» **SUPPLIED ENTRIES**:
* * * * * * * * *

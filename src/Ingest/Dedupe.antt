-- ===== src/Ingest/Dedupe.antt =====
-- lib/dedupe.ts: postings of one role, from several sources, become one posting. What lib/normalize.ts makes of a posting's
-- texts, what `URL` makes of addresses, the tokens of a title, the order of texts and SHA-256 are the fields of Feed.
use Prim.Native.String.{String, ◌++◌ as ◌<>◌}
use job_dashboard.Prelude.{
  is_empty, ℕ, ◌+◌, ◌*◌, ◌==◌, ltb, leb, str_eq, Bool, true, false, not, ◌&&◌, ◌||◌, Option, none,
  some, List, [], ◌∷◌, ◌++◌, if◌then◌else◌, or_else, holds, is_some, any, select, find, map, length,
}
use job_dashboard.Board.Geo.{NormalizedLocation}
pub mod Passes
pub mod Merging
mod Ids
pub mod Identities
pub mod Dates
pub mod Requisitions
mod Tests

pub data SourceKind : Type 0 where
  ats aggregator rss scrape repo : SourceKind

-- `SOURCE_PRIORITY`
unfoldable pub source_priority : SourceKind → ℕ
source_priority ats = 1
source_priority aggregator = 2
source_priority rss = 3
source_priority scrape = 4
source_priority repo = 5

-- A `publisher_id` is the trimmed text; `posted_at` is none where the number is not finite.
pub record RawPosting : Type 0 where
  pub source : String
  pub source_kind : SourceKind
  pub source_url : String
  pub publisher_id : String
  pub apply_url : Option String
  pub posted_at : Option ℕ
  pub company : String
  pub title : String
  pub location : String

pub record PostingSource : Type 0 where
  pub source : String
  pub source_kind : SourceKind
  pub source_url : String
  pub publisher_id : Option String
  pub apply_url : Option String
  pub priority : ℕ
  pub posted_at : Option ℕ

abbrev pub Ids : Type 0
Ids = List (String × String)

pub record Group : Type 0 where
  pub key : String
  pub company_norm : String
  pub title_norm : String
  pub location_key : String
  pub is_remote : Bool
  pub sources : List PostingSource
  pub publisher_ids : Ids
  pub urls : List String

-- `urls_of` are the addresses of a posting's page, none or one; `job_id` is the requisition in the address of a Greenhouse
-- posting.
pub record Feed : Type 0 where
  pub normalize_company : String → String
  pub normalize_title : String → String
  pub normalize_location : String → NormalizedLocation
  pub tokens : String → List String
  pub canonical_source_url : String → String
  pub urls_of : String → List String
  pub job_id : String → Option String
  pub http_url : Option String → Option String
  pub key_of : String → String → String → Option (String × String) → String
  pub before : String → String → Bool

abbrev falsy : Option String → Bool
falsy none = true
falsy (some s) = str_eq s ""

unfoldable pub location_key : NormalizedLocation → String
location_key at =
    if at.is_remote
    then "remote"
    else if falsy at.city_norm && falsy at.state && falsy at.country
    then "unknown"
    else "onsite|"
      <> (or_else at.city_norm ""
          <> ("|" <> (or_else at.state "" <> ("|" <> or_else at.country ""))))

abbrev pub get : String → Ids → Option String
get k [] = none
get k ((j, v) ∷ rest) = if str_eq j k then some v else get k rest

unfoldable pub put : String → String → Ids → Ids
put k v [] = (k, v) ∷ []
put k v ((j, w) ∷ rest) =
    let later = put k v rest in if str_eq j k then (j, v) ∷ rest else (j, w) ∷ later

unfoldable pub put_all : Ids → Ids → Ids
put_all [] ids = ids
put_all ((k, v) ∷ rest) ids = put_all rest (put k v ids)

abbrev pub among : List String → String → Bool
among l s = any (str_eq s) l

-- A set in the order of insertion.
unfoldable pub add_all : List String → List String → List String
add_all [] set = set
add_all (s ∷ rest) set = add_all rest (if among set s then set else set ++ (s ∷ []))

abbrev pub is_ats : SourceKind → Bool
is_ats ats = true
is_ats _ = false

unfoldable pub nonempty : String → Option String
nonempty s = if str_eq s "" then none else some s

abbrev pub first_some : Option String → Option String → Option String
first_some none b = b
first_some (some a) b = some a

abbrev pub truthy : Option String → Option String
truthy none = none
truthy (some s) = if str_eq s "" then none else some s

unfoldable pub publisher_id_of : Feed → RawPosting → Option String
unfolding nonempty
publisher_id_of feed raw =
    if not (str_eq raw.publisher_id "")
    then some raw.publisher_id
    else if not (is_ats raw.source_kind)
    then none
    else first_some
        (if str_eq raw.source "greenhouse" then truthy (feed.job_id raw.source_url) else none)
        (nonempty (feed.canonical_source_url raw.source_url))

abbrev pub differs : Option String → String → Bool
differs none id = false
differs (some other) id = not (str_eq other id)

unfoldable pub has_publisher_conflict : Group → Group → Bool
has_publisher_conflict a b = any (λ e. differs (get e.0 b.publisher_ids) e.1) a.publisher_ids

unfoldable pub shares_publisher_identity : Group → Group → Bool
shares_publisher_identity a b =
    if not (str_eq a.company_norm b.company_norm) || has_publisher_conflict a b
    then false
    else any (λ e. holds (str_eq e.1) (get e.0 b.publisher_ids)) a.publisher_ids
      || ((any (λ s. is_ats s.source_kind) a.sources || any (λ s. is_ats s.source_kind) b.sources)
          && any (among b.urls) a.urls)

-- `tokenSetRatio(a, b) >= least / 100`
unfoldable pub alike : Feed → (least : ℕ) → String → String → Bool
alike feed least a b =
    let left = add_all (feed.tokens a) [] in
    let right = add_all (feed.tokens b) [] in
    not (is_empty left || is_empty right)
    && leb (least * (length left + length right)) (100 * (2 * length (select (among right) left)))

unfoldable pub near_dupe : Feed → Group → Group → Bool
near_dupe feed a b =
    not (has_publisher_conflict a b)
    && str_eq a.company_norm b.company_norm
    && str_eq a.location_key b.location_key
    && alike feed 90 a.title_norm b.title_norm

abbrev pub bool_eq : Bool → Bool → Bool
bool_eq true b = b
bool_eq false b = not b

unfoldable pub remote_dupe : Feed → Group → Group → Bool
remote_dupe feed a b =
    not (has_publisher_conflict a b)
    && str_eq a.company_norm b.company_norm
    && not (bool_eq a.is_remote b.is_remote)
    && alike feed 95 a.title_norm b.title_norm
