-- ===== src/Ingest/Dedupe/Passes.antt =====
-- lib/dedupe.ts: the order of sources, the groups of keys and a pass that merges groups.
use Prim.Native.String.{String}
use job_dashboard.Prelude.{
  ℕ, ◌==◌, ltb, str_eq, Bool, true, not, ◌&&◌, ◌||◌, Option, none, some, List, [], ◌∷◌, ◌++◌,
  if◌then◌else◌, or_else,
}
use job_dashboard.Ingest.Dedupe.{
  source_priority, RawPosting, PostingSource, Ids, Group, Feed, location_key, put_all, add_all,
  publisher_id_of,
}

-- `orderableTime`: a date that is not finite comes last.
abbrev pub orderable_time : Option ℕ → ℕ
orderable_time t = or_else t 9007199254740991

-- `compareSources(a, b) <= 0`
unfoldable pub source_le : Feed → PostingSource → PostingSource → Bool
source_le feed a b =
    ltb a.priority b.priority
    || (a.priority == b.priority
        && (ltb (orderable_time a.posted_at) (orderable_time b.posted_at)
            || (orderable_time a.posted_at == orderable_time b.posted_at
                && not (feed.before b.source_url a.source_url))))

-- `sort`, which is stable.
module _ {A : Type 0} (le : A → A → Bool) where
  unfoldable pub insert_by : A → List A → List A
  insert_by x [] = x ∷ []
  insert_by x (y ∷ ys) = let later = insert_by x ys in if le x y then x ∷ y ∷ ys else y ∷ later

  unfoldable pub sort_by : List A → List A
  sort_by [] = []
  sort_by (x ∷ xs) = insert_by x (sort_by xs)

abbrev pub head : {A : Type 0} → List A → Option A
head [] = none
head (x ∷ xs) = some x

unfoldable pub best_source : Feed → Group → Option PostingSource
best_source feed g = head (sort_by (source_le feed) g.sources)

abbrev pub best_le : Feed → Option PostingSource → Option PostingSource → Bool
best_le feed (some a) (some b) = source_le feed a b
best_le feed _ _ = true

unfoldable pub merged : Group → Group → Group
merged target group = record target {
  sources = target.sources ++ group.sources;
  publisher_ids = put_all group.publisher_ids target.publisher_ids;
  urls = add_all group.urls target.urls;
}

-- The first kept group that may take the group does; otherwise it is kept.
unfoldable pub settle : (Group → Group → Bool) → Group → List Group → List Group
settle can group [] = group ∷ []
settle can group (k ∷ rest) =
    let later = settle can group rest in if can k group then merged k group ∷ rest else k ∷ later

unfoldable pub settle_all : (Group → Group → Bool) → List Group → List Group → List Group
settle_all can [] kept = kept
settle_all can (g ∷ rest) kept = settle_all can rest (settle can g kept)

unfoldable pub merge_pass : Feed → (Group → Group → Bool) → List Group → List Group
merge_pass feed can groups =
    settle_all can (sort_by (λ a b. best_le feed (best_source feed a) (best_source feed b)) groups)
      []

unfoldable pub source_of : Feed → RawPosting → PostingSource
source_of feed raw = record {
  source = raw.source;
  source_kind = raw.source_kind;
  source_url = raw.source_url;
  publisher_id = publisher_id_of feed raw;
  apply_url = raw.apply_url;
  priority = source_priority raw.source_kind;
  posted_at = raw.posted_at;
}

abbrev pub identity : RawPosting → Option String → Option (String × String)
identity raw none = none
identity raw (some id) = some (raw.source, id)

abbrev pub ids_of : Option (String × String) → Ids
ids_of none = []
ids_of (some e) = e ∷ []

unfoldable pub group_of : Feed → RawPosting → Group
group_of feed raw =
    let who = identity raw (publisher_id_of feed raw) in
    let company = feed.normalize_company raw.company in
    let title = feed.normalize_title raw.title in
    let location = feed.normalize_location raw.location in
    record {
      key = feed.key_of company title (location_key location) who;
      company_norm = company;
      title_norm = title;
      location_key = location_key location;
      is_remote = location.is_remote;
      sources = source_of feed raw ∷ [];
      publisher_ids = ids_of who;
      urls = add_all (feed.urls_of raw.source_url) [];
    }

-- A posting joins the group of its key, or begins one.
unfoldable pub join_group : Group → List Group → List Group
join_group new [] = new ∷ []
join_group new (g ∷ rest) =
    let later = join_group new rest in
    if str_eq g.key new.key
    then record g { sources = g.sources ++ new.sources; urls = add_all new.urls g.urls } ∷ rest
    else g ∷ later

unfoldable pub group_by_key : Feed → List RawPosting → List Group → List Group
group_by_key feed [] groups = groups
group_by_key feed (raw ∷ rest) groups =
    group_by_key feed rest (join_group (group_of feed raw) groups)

* * * * * * * * *

» **PROBLEM REQUIREMENTS**: Please give back exactly the lines of this listing beginning at the line with "falsy (some s)" and ending with the line with "<> (or_else at.city_norm", both included, and nothing else.

» **YOUR RESPONSE**:
falsy (some s) = str_eq s ""

unfoldable pub location_key : NormalizedLocation → String
location_key at =
    if at.is_remote
    then "remote"
    else if falsy at.city_norm && falsy at.state && falsy at.country
    then "unknown"
    else "onsite|"
      <> (or_else at.city_norm ""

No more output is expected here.